Let's back up here. The first tool ever devised for handling when two numbers calculated in two different ways are equal was Eudoxus' Method Of Exhaustion. It works like this: suppose you want to know if x = A, but you don't have a way of expressing what x is exactly, only a means of approximating x as closely as you like. (Eudoxus invented it to handle such things as the ratio of the circumference of a circle to its diameter. But it applies here. We can approximate x=0.999... as closely as we want with a terminating sequence of 9s.)
 
Eudoxus reasoned that if for every number B < A, you could show that x > B, then x could not be less than A, otherwise x would have to be less than itself!. Similarly, if for every number C > A, you can show that C > x, then x cannot be greater than A. If x is not less than A, or greater than A, then x IS A.  
 
So first, can we truly approximate x with a terminating sequence of 9s? Yes. I will not prove it here, but if you doubt, ask and I will supply one. So given any [epsilon]>0, there is a number y=0.99...9 (the dots represent a finite set of 9s here)
so that |x-y| < [epsilon]
 
Second let C be an arbitrary number > 1.  

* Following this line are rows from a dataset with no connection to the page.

-- ===== src/PathTree/Routing/Complete.antt =====
-- A route that matches a path is found, and the order in which Go iterates the map of children does
-- not matter.
use event_gateway.Common.{
  ℕ, suc, has_prefix, String, ◌≡◌, refl, sym, ◌∙◌, ◌⊎◌, inl, inr, true, false, ◌||◌, none, some,
  List, [], ◌∷◌, arith, Option-cases, subst,
}
use event_gateway.PathTree.Defs.{
  Node, Children, nil, entry, node, get, first, value, children, is_parameter, is_wildcard,
  is_static_segment, is_param_segment, is_wildcard_segment,
}
use event_gateway.PathTree.Resolve.{Params, step, bind_parameter, resolve_segments}
use event_gateway.PathTree.Shape.{
  HasShape, AllStatic, IsAlone, IsWellFormed, AreWellFormed, get-AreWellFormed, nth-AreWellFormed,
  children-WellFormed, children-IsAlone,
}
use event_gateway.PathTree.Shape.Siblings.{IsAlone-get, first-cases, first-entry, AllStatic-get}
use event_gateway.PathTree.Routing.{captured}
use event_gateway.PathTree.Routing.Rounds.{dynamic, step-Found, captured-plain, captured-wildcard}

pub static_plain : (s : String) → is_static_segment s ≡ true → is_wildcard_segment s ≡ false
unfolding is_static_segment
static_plain s h = ground arith

-- A segment does not begin with both ':' and '*'.
pub param_plain : (s : String) → is_param_segment s ≡ true → is_wildcard_segment s ≡ false
unfolding is_param_segment is_wildcard_segment has_prefix
param_plain String.[] h = absurd (cc)
param_plain (String.◌∷◌ c s) h = ground arith

pub param_dynamic : (s : String) → is_param_segment s ≡ true → is_static_segment s ≡ false
unfolding is_static_segment
param_dynamic s h = ground arith

pub wildcard_dynamic : (s : String) → is_wildcard_segment s ≡ true → is_static_segment s ≡ false
unfolding is_static_segment
wildcard_dynamic s h = ground arith

module _ {V : Type 0} where
  -- The child that a key describes is the one that a round goes on with.
  step-static :
      (start : ℕ) (q : String) (cs : Children V) (child : Node V)
      → get q cs ≡ some child
      → step start q cs ≡ some child
  unfolding step
  step-static start q cs child e = rw (e, step)

  step-only :
      (start : ℕ) (q s : String) (child : Node V)
      → (is_parameter child || is_wildcard child) ≡ true
      → step start q (entry s child nil) ≡ some child
  unfolding step get
  step-only start q s child dyn = ground (arith, first-entry start s child)

  not_dynamic :
      (k : String) (child : Node V)
      → HasShape k child
      → is_static_segment k ≡ true
      → (is_parameter child || is_wildcard child) ≡ false
  unfolding is_static_segment
  not_dynamic k (node l cs p st pa wi v) shape h = ground arith

  step-dynamic :
      (start : ℕ) (s q : String) (cs : Children V) (child : Node V)
      → AreWellFormed cs
      → IsAlone cs
      → get s cs ≡ some child
      → (is_parameter child || is_wildcard child) ≡ true
      → step start q cs ≡ some child
  step-dynamic start s q cs child w alone e dyn =
      let (shape, _) = get-AreWellFormed s cs child e w in
      let only = IsAlone-get s cs child e alone (dynamic s child shape dyn) in
      rw only (step-only start q s child dyn)

  -- Only static children: a round finds none under another key.
  step-AllStatic :
      (start : ℕ) (q : String) (cs : Children V)
      → AreWellFormed cs
      → AllStatic cs
      → get q cs ≡ none
      → step start q cs ≡ none
  unfolding step first
  step-AllStatic start q cs w all missing = elim (first-cases start cs) [
    | inl empty ↦ ground arith
    | inr (child, met) ↦
        let (k, found) = nth-AreWellFormed _ cs child met w in
        let (shape, _) = get-AreWellFormed k cs child found w in
        let st = AllStatic-get k cs child found all in
        let plain : (is_parameter child || is_wildcard child) ≡ false =
          not_dynamic k child shape st in
        ground arith
  ]

  -- The choice that the iteration of the map makes does not matter to a round.
  step-choice :
      (start other : ℕ) (q : String) (cs : Children V)
      → AreWellFormed cs
      → IsAlone cs
      → step start q cs ≡ step other q cs
  step-choice start other q nil w alone = unfold step first get in refl
  step-choice start other q (entry k n nil) w alone =
      unfold step in ground (arith, first-entry start k n, first-entry other k n)
  step-choice start other q (entry k n (entry j m cs)) w alone =
      elim (Option-cases (get q (entry k n (entry j m cs)))) [
        | inl missing ↦
            step-AllStatic start q _ w alone missing
            ∙ sym (step-AllStatic other q _ w alone missing)
        | inr (child, e) ↦ step-static start q _ child e ∙ sym (step-static other q _ child e)
      ]

  is_dynamic :
      (k : String) (child : Node V)
      → HasShape k child
      → is_static_segment k ≡ false
      → (is_parameter child || is_wildcard child) ≡ true
  unfolding is_static_segment
  is_dynamic k (node l cs p st pa wi v) shape h = ground arith

  step-WellFormed :
      (start : ℕ) (q : String) (n child : Node V)
      → IsWellFormed n
      → step start q (children n) ≡ some child
      → IsWellFormed child
  step-WellFormed start q n child w met =
      (step-Found start q (children n) child (children-WellFormed n w) met).ok

  pub resolve_segments-choice :
      (choice other : ℕ → ℕ) (params : Params) (path : List String) (n : Node V)
      → IsWellFormed n
      → resolve_segments choice params path n ≡ resolve_segments other params path n
  unfolding resolve_segments
  resolve_segments-choice choice other params [] n w = refl
  resolve_segments-choice choice other params (q ∷ []) n w = ground (
    arith,
    step-choice (choice 0) (other 0) q (children n) (children-WellFormed n w)
        (children-IsAlone n w),
  )
  resolve_segments-choice choice other params (q ∷ t ∷ path) n w =
      let same =
        step-choice (choice 0) (other 0) q (children n) (children-WellFormed n w)
          (children-IsAlone n w) in
      elim (Option-cases (step (choice 0) q (children n))) [
        | inl missing ↦ ground arith
        | inr (child, met) ↦
            let ok = step-WellFormed (choice 0) q n child w met in
            let later =
              resolve_segments-choice (λ i. choice (suc i)) (λ i. other (suc i))
                (bind_parameter child q params) (t ∷ path) child ok in
            ground arith
      ]

  -- The round at a key of a route that matches.
  pub record Round (start : ℕ) (s q : String) (n child : Node V) : Type 0 where
    pub met : step start q (children n) ≡ some child
    pub shape : HasShape s child
    pub ok : IsWellFormed child

  pub round :
      (start : ℕ) (s q : String) (n child : Node V)
      → IsWellFormed n
      → get s (children n) ≡ some child
      → (s ≡ q) ⊎ (is_static_segment s ≡ false)
      → Round start s q n child
  round start s q n child w e fits =
      let (shape, ok) = get-AreWellFormed s (children n) child e (children-WellFormed n w) in
      record {
        met = elim fits [
          | inl same ↦
              step-static start q (children n) child
                (subst (λ k. get k (children n) ≡ some child) same e)
          | inr dyn ↦
              step-dynamic start s q (children n) child (children-WellFormed n w)
                (children-IsAlone n w) e (is_dynamic s child shape dyn)
        ];
        shape = shape;
        ok = ok;
      }

  pub resolve-wildcard :
      (choice : ℕ → ℕ) (params : Params) (s q : String) (path : List String) (n child : Node V)
      → Round (choice 0) s q n child
      → is_wildcard_segment s ≡ true
      → resolve_segments choice params (q ∷ path) n
        ≡ (value child, some (captured params (s ∷ []) (q ∷ path)))
  unfolding resolve_segments
  resolve-wildcard choice params s q [] n child r wild =
      ground (arith, r.met, captured-wildcard params q s child [] r.shape (r.shape.4 ∙ wild))
  resolve-wildcard choice params s q (t ∷ path) n child r wild =
      ground
        (arith, r.met, captured-wildcard params q s child (t ∷ path) r.shape (r.shape.4 ∙ wild))

  pub resolve-last :
      (choice : ℕ → ℕ) (params : Params) (s q : String) (n child : Node V)
      → Round (choice 0) s q n child
      → is_wildcard_segment s ≡ false
      → resolve_segments choice params (q ∷ []) n
        ≡ (value child, some (captured params (s ∷ []) (q ∷ [])))
  unfolding resolve_segments captured
  resolve-last choice params s q n child r plain =
      let (_, name, _, variable, wild) = r.shape in ground (arith, r.met)

  pub resolve-later :
      (choice : ℕ → ℕ) (params : Params) (s q t : String) (route path : List String)
      (n child : Node V) (v : V)
      → Round (choice 0) s q n child
      → is_wildcard_segment s ≡ false
      → resolve_segments (λ i. choice (suc i)) (bind_parameter child q params) (t ∷ path) child
        ≡ (some v, some (captured (bind_parameter child q params) route (t ∷ path)))
      → resolve_segments choice params (q ∷ t ∷ path) n
        ≡ (some v, some (captured params (s ∷ route) (q ∷ t ∷ path)))
  unfolding resolve_segments
  resolve-later choice params s q t route path n child v r plain later =
      let calm : is_wildcard child ≡ false = r.shape.4 ∙ plain in
      ground (arith, r.met, captured-plain params q s child route (t ∷ path) r.shape calm)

let [epsilon] = C-1, so [epsilon]>0. Then there is a y=0.99...9 so that |x-y|<C-1. In particular, x-y<C-1. But 1>y, so x-1<x-y<C-1
Add 1 to get x < C. Since C was arbitrary, x is strictly less than every number greater than 1.
 
Third let B be an arbitrary number < 1. This time we will be more restrictive with [epsilon]:  [epsilon]=(1-B)/2. We must also note some thing else, just like we can pick a y so that |x-y|<[epsilon], we can also pick a y=0.99...9 so that 1-y<[epsilon]. (Again, if you don't see this, ask and I will supply the proof). Further, we can pick one y that will do for both (the more 9s you add, the closer you get to both x and to 1, so pick a y with enough 9s to satisfy both conditions). This gives:
y - x < |x-y| < [epsilon]
1 - y < [epsilon]
Adding gives
(1 - y) + (y - x) < 2[epsilon] = 2(1 - B)/2
1 - x < 1 - B
B < x
Since B was arbitrary, x is strictly greater than every number less than 1.
 
x=0.999... is greater than every number less than 1, and less than every number greater than 1. There is no other choice: it has to be 1.
 
As if this post were not long enough already, I have some comments. Some of you will see this as an [epsilon]e-[delta] proof in disguise. I answer, No: [epsilon]-[delta] proofs are Method of Exhaustion proofs in disguise. Eudoxus was first. Cauchy borrowed from him. A few might also see another proof in that 0.99...9 is shown (actually only stated, but it can be shown) to approach both x and 1 as 9s are added. I answer, Not really. That proof requires a proof of uniqueness of limits, which brings us back to the above.
 
I offer this proof not because it is better, or more accurate than previous ones, but because it involves the least number of concepts of any I have seen. It basically depends only on the following:
That 0.99... actually is a real number. (If anyone has questioned this, I missed it, but it is something that should be addressed to be completely thorough.)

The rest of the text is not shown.